PROBLEM:
Transcribe the line with "abbrev pub plain_bcrypt : Bcrypt" and all the lines that follow it in the material below, exactly as they stand.

---------- RECORDS SUPPLIED ----------

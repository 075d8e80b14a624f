-- ===== src/Examples/Data.antt =====
-- A small database in memory. The carrier 2 offers a trip (advertisement 10); the shippers 1 and 3
-- negotiate for it, each in a conversation with a mission and a pending offer of their own.
use gp_connect_server.Common.{none, some, [], ◌∷◌, true, false, ◌≡◌, String}
use gp_connect_server.Schema.{
  User, Mission, MissionProof, Advertisement, Conversation, Message, MessageOffer, Package,
  Transaction, MissionDispute, Role, MissionStatus, AdvertisementStatus, AdvertisementType,
  ConversationStatus, OfferStatus, ProofType, PackageStatus, TransactionMethod, TransactionStatus,
  DisputeStatus, MessageType,
}
use gp_connect_server.Prisma.{World}
use gp_connect_server.Prisma.InMemory.{in_memory}
use gp_connect_server.Proofs.{Bcrypt}
use text.Mathlib.Text.{◌==◌ as str_eq}
use text.Mathlib.TextPositions.{eq_refl}

abbrev pub shipper : User
shipper = record {
  id = 1;
  email = "s@x";
  pending_email = none;
  phone = some "+331";
  first_name = "Sam";
  last_name = "S";
  password = none;
  role = Role.shipper;
  email_verified_at = none;
  phone_verified_at = some 4;
  id_card_verified_at = none;
  notify_email = none;
}

abbrev pub carrier : User
carrier = record {
  id = 2;
  email = "c@x";
  pending_email = none;
  phone = none;
  first_name = "Cal";
  last_name = "C";
  password = none;
  role = Role.carrier;
  email_verified_at = some 3;
  phone_verified_at = none;
  id_card_verified_at = some 5;
  notify_email = some false;
}

abbrev pub trip : Advertisement
trip = record {
  id = 10;
  type = AdvertisementType.delivery;
  status = AdvertisementStatus.open_;
  price = 100;
  max_weight = 20;
  destination_id = 71;
  departure_id = 72;
  author_id = 2;
  departure_date = none;
  arrival_date = 1000;
  created_at = 5;
}

abbrev pub mission : Mission
mission = record {
  id = 20;
  advertisement_id = 10;
  shipper_id = 1;
  carrier_id = none;
  negotiated_price = 0;
  status = MissionStatus.pending;
  recipient_name = none;
  recipient_phone = none;
}

abbrev pub rival_mission : Mission
rival_mission = record mission { id = 21; shipper_id = 3 }

abbrev pub conversation : Conversation
conversation = record {
  id = 30;
  advertisement_id = 10;
  shipper_id = 1;
  carrier_id = 2;
  mission_id = some 20;
  status = ConversationStatus.active;
  last_message_at = none;
  shipper_deleted_at = none;
  carrier_deleted_at = none;
}

abbrev pub rival_conversation : Conversation
rival_conversation = record conversation { id = 31; shipper_id = 3; mission_id = some 21 }

abbrev pub message : Message
message = record {
  id = 40;
  content = none;
  conversation_id = 30;
  type = MessageType.offer;
  author_id = 1;
  created_at = 1;
}

abbrev pub offer : MessageOffer
offer = record { id = 40; price = 500; weight = 3; mission_id = none; status = OfferStatus.pending }

abbrev pub parcel : Package
parcel = record { id = 50; name = "box"; weight = 3; owner_id = 1; status = PackageStatus.pending }

abbrev pub negotiation : World in_memory
negotiation = record {
  users = shipper ∷ carrier ∷ [];
  missions = mission ∷ rival_mission ∷ [];
  mission_packages = (record { mission_id = 20; package_id = 50 }) ∷ [];
  proofs = [];
  disputes = [];
  advertisements = trip ∷ [];
  transactions = [];
  conversations = conversation ∷ rival_conversation ∷ [];
  messages = message ∷ [];
  offers = offer ∷ [];
  appointments = [];
  packages = parcel ∷ [];
  ratings = [];
  reports = [];
  blocks = [];
  tokens = [];
  identities = [];
  providers = [];
  effects = [];
}

-- The mission once the offer is accepted, with a pickup code "1234" that is not yet used.
abbrev pub accepted_mission : Mission
accepted_mission = record mission {
  carrier_id = some 2;
  negotiated_price = 500;
  status = MissionStatus.accepted;
}

abbrev pub proof : MissionProof
proof = record {
  id = 60;
  mission_id = 20;
  type = ProofType.pickup;
  otp_hash = some "1234";
  otp_expires_at = some 900;
  otp_used_at = none;
  otp_attempts = 0;
  created_by_id = some 1;
  verified_by_id = some 2;
}

abbrev pub payment : Transaction
payment = record {
  id = 70;
  amount = 500;
  method = TransactionMethod.cash;
  status = TransactionStatus.pending;
  mission_id = 20;
}

abbrev pub engaged : World in_memory
engaged = record negotiation {
  missions = accepted_mission ∷ record rival_mission { status = MissionStatus.cancelled } ∷ [];
  proofs = proof ∷ [];
  transactions = payment ∷ [];
}

abbrev pub moving_mission : Mission
moving_mission = record accepted_mission { status = MissionStatus.in_transit }

abbrev pub moving : World in_memory
moving = record engaged {
  missions = moving_mission ∷ [];
  proofs = record proof { type = ProofType.delivery } ∷ [];
}

abbrev pub complaint : MissionDispute
complaint = record {
  id = 80;
  mission_id = 20;
  opened_by_id = 1;
  reason = "late";
  description = none;
  status = DisputeStatus.open_;
  resolution = none;
  resolved_by_id = none;
  resolved_at = none;
  github_issue_number = some 7;
}

abbrev pub disputed_mission : Mission
disputed_mission = record accepted_mission { status = MissionStatus.disputed }

abbrev pub disputed : World in_memory
disputed = record engaged { missions = disputed_mission ∷ []; disputes = complaint ∷ [] }

-- A hash that hides nothing stands for `bcrypt`.
pub plain_compare : (salt plain : String) → str_eq plain plain ≡ true
plain_compare salt plain = eq_refl plain

abbrev pub plain_bcrypt : Bcrypt
plain_bcrypt = record {
  hash = λ salt plain. plain;
  compare = λ plain hashed. str_eq plain hashed;
  compare-hash = plain_compare;
}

----------

EXERCISE ANSWER:
abbrev pub plain_bcrypt : Bcrypt
plain_bcrypt = record {
  hash = λ salt plain. plain;
  compare = λ plain hashed. str_eq plain hashed;
  compare-hash = plain_compare;
}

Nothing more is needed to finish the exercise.